Tencent AI Lab Launches Penguin-VL: A Compact Vision-Language Model That Ditches Traditional Visual Encoders for LLM-Based Architecture
Summary
Tencent AI Lab launches Penguin-VL, a compact vision-language model that ditches traditional visual encoders in favor of a text-LLM-initialized architecture, delivering stronger fine-grained visual understanding and efficient long-video processing, with two model variants now live on Hugging Face.
Key Points
- Penguin-VL is a compact vision-language model family from Tencent AI Lab that pushes multimodal efficiency by replacing traditional CLIP/SigLIP vision encoders with a novel encoder initialized directly from a text-only LLM, enabling better alignment with language model representations and stronger fine-grained visual understanding.

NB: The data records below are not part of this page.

-- ===== src/Core/Ledger/Sessions.antt =====
-- The sessions in ledger.rs: `upsert_session`, and the lists of the most recent ones.
use role_n.Prelude.{
  ℕ, ◌-◌, ◌^◌, String, false, not, ◌&&◌, Option, none, some, List, [], ◌∷◌, map, if◌then◌else◌,
  ◌==◌, string_eq, filter, length, take, ◌≡◌, refl, arith, ==_iff, find, Bool-cases, inl, inr,
}
use role_n.Core.Types.{Text}
use role_n.Core.Ledger.{Chrono, time_of, order_by}
use role_n.Core.Ledger.Journal.{ReadsBack}
use role_n.Core.Ledger.Usage.{Costs, fits_i64}

pub data SessionState : Type 0 where
  starting running paused migrating done failed interrupted : SessionState

pub record Session (F : Type 0) : Type 0 where
  pub id : String
  pub task_id : Option String
  pub provider_id : String
  pub model : String
  pub role : String
  pub state : SessionState
  pub tokens_in : ℕ
  pub tokens_out : ℕ
  pub cost : F
  pub started : ℕ
  pub transcript_path : Option String

pub record SessionRow (F : Type 0) : Type 0 where
  pub id : String
  pub task_id : Option String
  pub provider_id : String
  pub model : String
  pub role : String
  pub state : String
  pub tokens_in : ℕ
  pub tokens_out : ℕ
  pub cost : F
  pub started : Text
  pub transcript_path : Option String

abbrev session_state_text : SessionState → String
session_state_text starting = "starting"
session_state_text running = "running"
session_state_text paused = "paused"
session_state_text migrating = "migrating"
session_state_text done = "done"
session_state_text failed = "failed"
session_state_text interrupted = "interrupted"

abbrev session_state_of : String → SessionState
session_state_of s =
    if s == "starting"
    then starting
    else (if s == "running"
        then running
        else (if s == "paused"
            then paused
            else (if s == "migrating"
                then migrating
                else (if s == "done"
                    then done
                    else (if s == "interrupted" then interrupted else failed)))))

session_state_of-session_state_text :
    (s : SessionState) → session_state_of (session_state_text s) ≡ s
session_state_of-session_state_text starting = refl
session_state_of-session_state_text running = refl
session_state_of-session_state_text paused = refl
session_state_of-session_state_text migrating = refl
session_state_of-session_state_text done = refl
session_state_of-session_state_text failed = refl
session_state_of-session_state_text interrupted = refl

module _ {F : Type 0} (chrono : Chrono) where
  abbrev session_row : Session F → SessionRow F
  session_row s = record {
    id = s.id;
    task_id = s.task_id;
    provider_id = s.provider_id;
    model = s.model;
    role = s.role;
    state = session_state_text s.state;
    tokens_in = s.tokens_in;
    tokens_out = s.tokens_out;
    cost = s.cost;
    started = chrono.print s.started;
    transcript_path = s.transcript_path;
  }

  abbrev session_of : SessionRow F → Session F
  session_of row = record {
    id = row.id;
    task_id = row.task_id;
    provider_id = row.provider_id;
    model = row.model;
    role = row.role;
    state = session_state_of row.state;
    tokens_in = row.tokens_in;
    tokens_out = row.tokens_out;
    cost = row.cost;
    started = time_of chrono row.started;
    transcript_path = row.transcript_path;
  }

  -- `ON CONFLICT(id) DO UPDATE`: every column but the start.
  pub upsert_row : Session F → List (SessionRow F) → List (SessionRow F)
  upsert_row s [] = session_row s ∷ []
  upsert_row s (row ∷ rows) =
      let rest = upsert_row s rows in
      if row.id == s.id then record (session_row s) { started = row.started } ∷ rows else row ∷ rest

  -- `none` is an error: a number that does not fit, or a cost that is no number.
  pub upsert_session : Costs F → Session F → List (SessionRow F) → Option (List (SessionRow F))
  unfolding upsert_row
  upsert_session costs s rows =
      if fits_i64 s.tokens_in && fits_i64 s.tokens_out && costs.storable s.cost
      then some (upsert_row s rows)
      else none

  -- `ORDER BY started DESC`: rows of the same start come by falling row numbers.
  abbrev newest_first : List (SessionRow F) → List (SessionRow F)
  newest_first rows =
      order_by (λ (a b : SessionRow F). not (chrono.text_le a.started b.started)) rows

  -- `LIMIT` has no effect when it is negative as an `i64`.
  abbrev limited : ℕ → List (SessionRow F) → List (SessionRow F)
  limited limit rows = if fits_i64 limit then take limit rows else rows

  pub recent_sessions : ℕ → List (SessionRow F) → List (Session F)
  unfolding order_by
  recent_sessions limit rows = map session_of (limited limit (newest_first rows))

  pub all_sessions : List (SessionRow F) → List (Session F)
  unfolding recent_sessions
  all_sessions rows = recent_sessions (2 ^ 63 - 1) rows

  pub count_sessions_by_state : String → List (SessionRow F) → ℕ
  count_sessions_by_state state rows = length (filter (λ row. row.state == state) rows)

  abbrev as_session : Option (SessionRow F) → Option (Session F)
  as_session none = none
  as_session (some row) = some (session_of row)

  pub session_at : List (SessionRow F) → String → Option (Session F)
  session_at rows id = as_session (find (λ (row : SessionRow F). row.id == id) rows)

  -- The first start of a session stays.
  abbrev since_first : Option (Session F) → Session F → Session F
  since_first none s = s
  since_first (some old) s = record s { started = old.started }

  session_at-upsert_row :
      ReadsBack chrono
      → (s : Session F) (rows : List (SessionRow F)) (id : String)
      → session_at (upsert_row s rows) id
        ≡ (if s.id == id then some (since_first (session_at rows s.id) s) else session_at rows id)
  unfolding upsert_row session_at
  session_at-upsert_row back s [] id =
      ground (arith, back s.started, session_state_of-session_state_text s.state)
  session_at-upsert_row back s (row ∷ rows) id = ground (
    arith,
    ==_iff s.id id,
    ==_iff row.id s.id,
    ==_iff row.id id,
    session_state_of-session_state_text s.state,
    session_at-upsert_row back s rows id,
  )

  -- What the outcome of storing a session says of the session of an id.
  abbrev pub Stored :
      Costs F → Session F → List (SessionRow F) → String → Option (List (SessionRow F)) → Type 0
  Stored costs s rows id none =
      (fits_i64 s.tokens_in && fits_i64 s.tokens_out && costs.storable s.cost) ≡ false
  Stored costs s rows id (some rows') =
      session_at rows' id
      ≡ (if s.id == id then some (since_first (session_at rows s.id) s) else session_at rows id)

  -- A session that is stored is read back under its id with every field as it was stored, but for the
  -- start, which stays that of the first time; every other session is read as before. It is refused
  -- only if one of its numbers does not fit, and then nothing changes. It is supposed that a printed
  -- time is read back.
  pub upsert_session_lem :
      (costs : Costs F) (s : Session F) (rows : List (SessionRow F)) (id : String)
      → ReadsBack chrono
      → Stored costs s rows id (upsert_session costs s rows)
  unfolding upsert_session
  upsert_session_lem costs s rows id back =
      elim (Bool-cases (fits_i64 s.tokens_in && fits_i64 s.tokens_out && costs.storable s.cost)) [
        | inl e ↦ rw e (session_at-upsert_row back s rows id)
        | inr e ↦ rw e e
      ]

- The system introduces key technical innovations including LLM-to-vision-encoder initialization with bidirectional attention and 2D-RoPE, mixed-supervision pretraining using reconstruction and distillation losses, and Temporal Redundancy-Aware token compression for efficient long-video processing.
- Two model variants, Penguin-VL-2B and Penguin-VL-8B, are now live on Hugging Face alongside the Penguin Vision Encoder, with inference code, a vLLM plugin, and a Gradio demo all publicly available, while training data and training code are still pending release.